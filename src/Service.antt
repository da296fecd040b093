-- ===== src/Service.antt =====
-- src/supervisor/service.h and the parts of src/supervisor/supervisor.cpp that change one service.
-- An instant is a number of nanoseconds of the steady clock, and a handler reads the clock once. The
-- wall-clock twins of the instants, which are only printed, are left out.
use castle_plus.Prelude.{
  ℕ, suc, ◌+◌, ◌-◌, ◌*◌, ◌/◌, ◌^◌, Bool, true, false, not, List, [], ◌∷◌, ◌++◌, Option, none, some,
  Bytes, ltb, leb, ◌==◌, if◌then◌else◌, length,
}
use castle_plus.Prelude.Int.{ℤ, pos, negsuc, min_ℤ, double, sub_ℕ}
use castle_plus.ServiceConfig.{ServiceConfig}

pub data ServiceState : Type 0 where
  stopped running backoff failed quarantined : ServiceState

-- A status as `waitpid` returns it.
pub data Exit : Type 0 where
  exited signaled : ℕ → Exit
  other : Exit

pub record Service : Type 0 where
  pub cfg : ServiceConfig
  pub pid : Option ℕ
  pub state : ServiceState
  pub restart_count : ℕ
  pub current_backoff_sec : ℤ
  pub wants_restart : Bool
  pub health_known : Bool
  pub healthy : Bool
  pub failure_count : ℕ
  pub recent_failures : List ℕ
  pub ever_failed : Bool
  pub last_failure_mono : ℕ
  pub last_failure_reason : Exit
  pub is_down : Bool
  pub down_since_mono : ℕ
  pub next_restart : ℤ
  pub last_start : ℕ
  pub last_health : ℕ

pub record ServiceUptime : Type 0 where
  pub name : Bytes
  pub running : Bool
  pub since : ℕ

pub record Entry : Type 0 where
  pub service : Service
  pub uptime : ServiceUptime

abbrev pub second : ℕ
second = 10 ^ 9

abbrev pub stable_sec : ℕ
stable_sec = 10

abbrev pub max_failures : ℕ
max_failures = 5

-- 24 hours.
abbrev pub failure_window : ℕ
failure_window = 86_400 * second

unfoldable pub new_entry : ServiceConfig → Entry
new_entry c = record {
  service = record {
    cfg = c;
    pid = none;
    state = stopped;
    restart_count = 0;
    current_backoff_sec = pos 0;
    wants_restart = false;
    health_known = false;
    healthy = false;
    failure_count = 0;
    recent_failures = [];
    ever_failed = false;
    last_failure_mono = 0;
    last_failure_reason = other;
    is_down = false;
    down_since_mono = 0;
    next_restart = pos 0;
    last_start = 0;
    last_health = 0;
  };
  uptime = record { name = c.name; running = false; since = 0 };
}

-- `s.pid > 0`.
abbrev pub alive : Service → Bool
alive s = elim s.pid [ none ↦ false | some p ↦ true ]

unfoldable pub publish_uptime : Entry → Entry
publish_uptime e = record e {
  uptime = record { name = e.uptime.name; running = alive e.service; since = e.service.last_start };
}

-- `now + seconds(n)`.
unfoldable pub seconds_after : ℕ → ℤ → ℤ
seconds_after now (pos n) = pos (now + n * second)
seconds_after now (negsuc n) = sub_ℕ now (suc n * second)

-- The three ways in which `schedule_restart` sets the delay; `ran` is in seconds.
unfoldable pub next_backoff : Service → ℕ → ℤ
unfolding double
next_backoff s ran =
    if leb stable_sec ran then s.cfg.backoff_min_sec else elim s.current_backoff_sec [
      | pos n ↦
          if n == 0 then s.cfg.backoff_min_sec else min_ℤ (double (pos n)) s.cfg.backoff_max_sec
      | negsuc n ↦ min_ℤ (double (negsuc n)) s.cfg.backoff_max_sec
    ]

unfoldable pub schedule_restart : Service → ℕ → Service
unfolding next_backoff seconds_after
schedule_restart s now =
    let delay = next_backoff s ((now - s.last_start) / second) in
    record s {
      current_backoff_sec = delay;
      restart_count = s.restart_count + 1;
      state = backoff;
      next_restart = seconds_after now delay;
    }

-- The parent's half of `spawn`, with the new child's pid.
unfoldable pub launched : Service → ℕ → ℕ → Service
launched s now pid = record s { pid = some pid; state = running; is_down = false; last_start = now }

-- `spawn`; `none` is a fork that fails.
unfoldable pub spawn : Entry → ℕ → Option ℕ → Entry
unfolding schedule_restart publish_uptime launched
spawn e now none = record e { service = schedule_restart e.service now }
spawn e now (some pid) = publish_uptime (record e { service = launched e.service now pid })

-- `prune_failures`, on the window of a service.
unfoldable pub prune_failures : List ℕ → ℕ → List ℕ
prune_failures [] now = []
prune_failures (t ∷ ts) now = if ltb failure_window (now - t) then prune_failures ts now else t ∷ ts

unfoldable pub mark_down : Service → ℕ → Service
mark_down s now = if s.is_down then s else record s { is_down = true; down_since_mono = now }

unfoldable pub record_failure : Service → ℕ → Exit → Service
unfolding prune_failures
record_failure s now status = record s {
  failure_count = s.failure_count + 1;
  ever_failed = true;
  last_failure_mono = now;
  last_failure_reason = status;
  recent_failures = prune_failures (s.recent_failures ++ (now ∷ [])) now;
}

-- What follows `record_failure` in `on_sigchld`.
unfoldable pub after_failure : Service → ℕ → Service
unfolding mark_down schedule_restart
after_failure s now =
    if not s.cfg.autorestart
    then mark_down (record s { state = failed }) now
    else if ltb max_failures (length s.recent_failures)
    then mark_down (record s { state = quarantined }) now
    else schedule_restart s now
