-- ===== src/Connectivity.antt =====
-- src/net/connectivity.h and src/net/connectivity.cpp: the watch over the internet connection. What the
-- probes answer, the clock, and whether the wait between two rounds is ended by `stop` are arguments.
use castle_plus.Prelude.{
  ℕ, ◌-◌, ◌/◌, Bool, true, false, not, ◌&&◌, List, [], ◌∷◌, ◌++◌, Bytes, codes, if◌then◌else◌,
}
use castle_plus.Service.{second}
pub mod Outages
mod Tests

pub data NetState : Type 0 where
  unknown up down : NetState

pub record ProbeTarget : Type 0 where
  pub host : Bytes
  pub port : ℕ

abbrev pub probe_targets : List ProbeTarget
probe_targets =
    record { host = codes "1.1.1.1"; port = 443 }
    ∷ record { host = codes "8.8.8.8"; port = 443 }
    ∷ []

-- The loop over the targets.
unfoldable pub any_answers : (ProbeTarget → Bool) → List ProbeTarget → Bool
any_answers probe [] = false
any_answers probe (t ∷ ts) = let rest = any_answers probe ts in if probe t then true else rest

abbrev pub internet_reachable : (ProbeTarget → Bool) → Bool
internet_reachable probe = any_answers probe probe_targets

-- What is logged: a loss, and a recovery with the seconds that it took.
pub data Note : Type 0 where
  lost : Note
  restored : ℕ → Note

-- `internet_state` and `down_since`, with the log so far.
pub record Watch : Type 0 where
  pub state : NetState
  pub down_since : ℕ
  pub log : List Note

abbrev pub new_watch : Watch
new_watch = record { state = unknown; down_since = 0; log = [] }

abbrev pub is_down : NetState → Bool
is_down down = true
is_down unknown = false
is_down up = false

-- One round of the loop, behind the probes and up to the wait.
unfoldable pub note : Bool → ℕ → Watch → Watch
note reachable now w =
    let state = if reachable then up else down in
    if not reachable && not (is_down w.state)
    then record { state = state; down_since = now; log = w.log ++ (lost ∷ []) }
    else if reachable && is_down w.state
    then record w { state = state; log = w.log ++ (restored ((now - w.down_since) / second) ∷ []) }
    else record w { state = state }

unfoldable pub check : (ProbeTarget → Bool) → ℕ → Watch → Watch
unfolding any_answers note
check probe now w = note (internet_reachable probe) now w

-- A round: the probes, the time, and whether the wait behind it finds `stop_` set.
pub record Round : Type 0 where
  pub probe : ProbeTarget → Bool
  pub now : ℕ
  pub stopped : Bool

-- `run`.
unfoldable pub run : List Round → Watch → Watch
unfolding check
run [] w = w
run (r ∷ rs) w = elim r.stopped [
  | true ↦ check r.probe r.now w
  | false ↦ run rs (check r.probe r.now w)
]
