-- ===== src/Store/Extends.antt =====
-- storage.go: CommitBlock puts one block on the chain that the buckets stand for.
use blocknet_core.Prelude.{
  ℕ, suc, ◌+◌, ◌%◌, ◌<◌, ◌≡◌, refl, sym, ap, ◌∙◌, subst, List, [], ◌∷◌, Bytes, true, ◌&&◌, ◌||◌,
  not, ok, if◌then◌else◌, ltb, ◌==◌, ==_iff, bytes_eq, bytes_eq_iff, bytes_eq_refl, contains,
  length, All_weaken, arith, inl, inr, Bool-cases, refuse_if-eq-ok, refuse_if_ok, >>=-eq-ok,
  ok-injective,
}
use blocknet_core.Tx.Crypto.{Crypto}
use blocknet_core.Block.{Block}
use blocknet_core.Store.{
  KeyValue, Store, height_key, is_some, block_hash, mark_spent, set_main_chain_block,
  hash_by_height,
}
use blocknet_core.Store.Commit.{
  BlockCommit, save_outputs, mark_all, set_tip, put_block, check_extends, commit_main_tip,
  commit_block,
}
use blocknet_core.Store.Chains.{
  txs_spend, chain_spends, IsBranch, hash_at, tip_of, Represents, spent_in, has_in,
}
use blocknet_core.Store.Effects.{
  Keeps, keeps_trans, save_outputs-Keeps, read_tip-write_tip, height_key_eq,
}
use blocknet_core.Store.Steps.{Holds}
use blocknet_core.Store.Checks.{not-false}

module _ (c : Crypto) (kv : KeyValue) where
  open kv use {get, get-put}

  mark_all-Keeps : (h : ℕ) (ks : List Bytes) (s : Store kv) → Keeps kv s (mark_all kv h ks s)
  unfolding mark_all mark_spent
  mark_all-Keeps h [] s = (refl, (refl, refl))
  mark_all-Keeps h (k ∷ ks) s = mark_all-Keeps h ks (mark_spent kv h k s)

  mark_all-spent :
      (h : ℕ) (ks : List Bytes) (s : Store kv) (k : Bytes)
      → spent_in c kv (mark_all kv h ks s) k ≡ (contains ks k || spent_in c kv s k)
  unfolding mark_all mark_spent contains is_some
  mark_all-spent h [] s k = refl
  mark_all-spent h (x ∷ xs) s k =
      mark_all-spent h xs (mark_spent kv h x s) k
      ∙ rw get-put (elim (Bool-cases (bytes_eq x k)) [
        | inl e ↦ ground (arith, e)
        | inr e ↦ ground (arith, e)
      ])

  -- A block that CommitBlock accepts as the new tip is the next one of the chain.
  next_block :
      (commit : BlockCommit) (chain : List Block)
      → IsBranch c chain
      → length chain < 9223372036854775807
      → (commit.height == commit.block.header.height) ≡ true
      → check_extends kv (tip_of c chain) commit ≡ ok tt
      → (commit.height ≡ length chain) × IsBranch c (commit.block ∷ chain)
  unfolding check_extends tip_of
  next_block commit [] v small same e =
      let first = refuse_if_ok (not (commit.height == 0)) _ e in
      let zero_high : commit.height ≡ 0 = (==_iff _ _).0 (not-false _ first) in
      (zero_high, (sym ((==_iff _ _).0 same) ∙ zero_high, (tt, tt)))
  next_block commit (a ∷ rest) v small same e =
      let (next, e1) =
        refuse_if-eq-ok (not (commit.height == (length rest + 1) % 18446744073709551616)) _ _ e in
      let link =
        refuse_if_ok (not (bytes_eq commit.block.header.prev_hash (block_hash c a))) _ e1 in
      let high : commit.height ≡ suc (length rest) =
        omega (arith, small, (==_iff _ _).0 (not-false _ next)) in
      (high, (sym ((==_iff _ _).0 same) ∙ high, ((bytes_eq_iff _ _).0 (not-false _ link), v)))

  abbrev written : BlockCommit → Store kv → Store kv
  written commit s = mark_all kv commit.height commit.spent_key_images (
      save_outputs kv commit.new_outputs (
        set_main_chain_block kv commit.height commit.hash
          (put_block kv c commit.hash commit.block s)))

  written-Keeps :
      (commit : BlockCommit) (s : Store kv)
      → Keeps kv
          (set_main_chain_block kv commit.height commit.hash
            (put_block kv c commit.hash commit.block s))
          (written commit s)
  written-Keeps commit s =
      let first =
        set_main_chain_block kv commit.height commit.hash
          (put_block kv c commit.hash commit.block s) in
      keeps_trans kv first (save_outputs kv commit.new_outputs first) (written commit s)
        (save_outputs-Keeps kv c commit.new_outputs first).0
        (mark_all-Keeps commit.height commit.spent_key_images
          (save_outputs kv commit.new_outputs first))

  written-has :
      (commit : BlockCommit) (s : Store kv) (h : Bytes)
      → has_in c kv (written commit s) h ≡ (bytes_eq commit.hash h || has_in c kv s h)
  unfolding set_main_chain_block put_block is_some
  written-has commit s h =
      ap (λ m. is_some (get h m)) (written-Keeps commit s).1.0
      ∙ ap is_some (get-put commit.hash h commit.block s.blocks)
      ∙ ground (arith, Bool-cases (bytes_eq commit.hash h))

  written-Holds :
      (commit : BlockCommit) (s : Store kv) (chain : List Block)
      → commit.height ≡ length chain
      → length chain < 9223372036854775807
      → commit.hash ≡ block_hash c commit.block
      → ((k : Bytes) → contains commit.spent_key_images k ≡ txs_spend commit.block.transactions k)
      → Holds c kv s chain
      → Holds c kv (written commit s) (commit.block ∷ chain)
  unfolding set_main_chain_block put_block hash_by_height chain_spends hash_at is_some
  written-Holds commit s chain high small same images holds =
      let keeps = written-Keeps commit s in
      let first =
        set_main_chain_block kv commit.height commit.hash
          (put_block kv c commit.hash commit.block s) in
      record {
        heights = λ h bound.
            ap (get (height_key h)) keeps.0
            ∙ get-put (height_key commit.height) (height_key h) commit.hash s.heights
            ∙ ground (
              arith,
              height_key_eq commit.height h (omega (arith, high, small)) bound,
              high,
              same,
              holds.heights h bound,
            );
        images = λ k.
            mark_all-spent commit.height commit.spent_key_images
              (save_outputs kv commit.new_outputs first) k
            ∙ ap (λ m. contains commit.spent_key_images k || is_some (get k m))
                (save_outputs-Keeps kv c commit.new_outputs first).1
            ∙ ground (arith, images k, holds.images k);
        stored = (
          written-has commit s (block_hash c commit.block)
              ∙ ground (arith, same, bytes_eq_refl (block_hash c commit.block)),
          All_weaken _ _ chain (λ d h. written-has commit s (block_hash c d) ∙ ground (arith, h))
              holds.stored,
        );
      }

  -- On buckets that stand for a chain, a block that CommitBlock accepts as the new tip is the next block of the
  -- chain, and the buckets then stand for the chain with it on top. The commit names the key images that
  -- the block spends.
  pub commit_block_refines :
      (commit : BlockCommit) (s : Store kv) (chain : List Block) {t : Store kv}
      → Represents c kv s chain
      → length chain < 9223372036854775807
      → length commit.hash ≡ 32
      → ((k : Bytes) → contains commit.spent_key_images k ≡ txs_spend commit.block.transactions k)
      → commit.is_main_tip ≡ true
      → commit_block kv c commit s ≡ ok t
      → Represents c kv t (commit.block ∷ chain)
  unfolding commit_block commit_main_tip set_tip tip_of hash_by_height
  commit_block_refines commit s chain {t} rep small size images main e =
      let (high, e1) = refuse_if-eq-ok (not (commit.height == commit.block.header.height)) _ _ e in
      let (hashed, e2) =
        refuse_if-eq-ok (not (bytes_eq commit.hash (block_hash c commit.block))) _ _ e1 in
      let (parent, e3) = refuse_if-eq-ok (ltb 0 commit.block.header.height && _) _ _ e2 in
      let accepted : commit_main_tip kv c commit s ≡ ok t =
        subst
          (λ m.
            (if m
              then commit_main_tip kv c commit s
              else ok (put_block kv c commit.hash commit.block s))
            ≡ ok t)
          main e3 in
      let e4 = rw (rep.tip, commit_main_tip) at accepted in
      let (done, next, e5) = >>=-eq-ok (check_extends kv (tip_of c chain) commit) _ e4 in
      let (level, branch) = next_block commit chain rep.branch small (not-false _ high) next in
      let same : commit.hash ≡ block_hash c commit.block =
        (bytes_eq_iff _ _).0 (not-false _ hashed) in
      subst (λ u. Represents c kv u (commit.block ∷ chain)) (ok-injective e5)
        (record {
          branch = branch;
          short = omega (arith, small);
          tip =
              read_tip-write_tip kv commit.hash commit.height commit.work (written commit s).meta
                size (omega (arith, level, small))
              ∙ cc (same, level);
          indexes = written-Holds commit s chain level small same images rep.indexes;
        })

____________

Work task:
Your answer must consist solely of the lines from the top of the entries above through the line containing "pub cfg : ServiceConfig", copied exactly, both ends included.

Task solution:
filename src/Service.antt
repository da296fecd040b093
-- ===== src/Service.antt =====
-- src/supervisor/service.h and the parts of src/supervisor/supervisor.cpp that change one service.
-- An instant is a number of nanoseconds of the steady clock, and a handler reads the clock once. The
-- wall-clock twins of the instants, which are only printed, are left out.
use castle_plus.Prelude.{
  ℕ, suc, ◌+◌, ◌-◌, ◌*◌, ◌/◌, ◌^◌, Bool, true, false, not, List, [], ◌∷◌, ◌++◌, Option, none, some,
  Bytes, ltb, leb, ◌==◌, if◌then◌else◌, length,
}
use castle_plus.Prelude.Int.{ℤ, pos, negsuc, min_ℤ, double, sub_ℕ}
use castle_plus.ServiceConfig.{ServiceConfig}

pub data ServiceState : Type 0 where
  stopped running backoff failed quarantined : ServiceState

-- A status as `waitpid` returns it.
pub data Exit : Type 0 where
  exited signaled : ℕ → Exit
  other : Exit

pub record Service : Type 0 where
  pub cfg : ServiceConfig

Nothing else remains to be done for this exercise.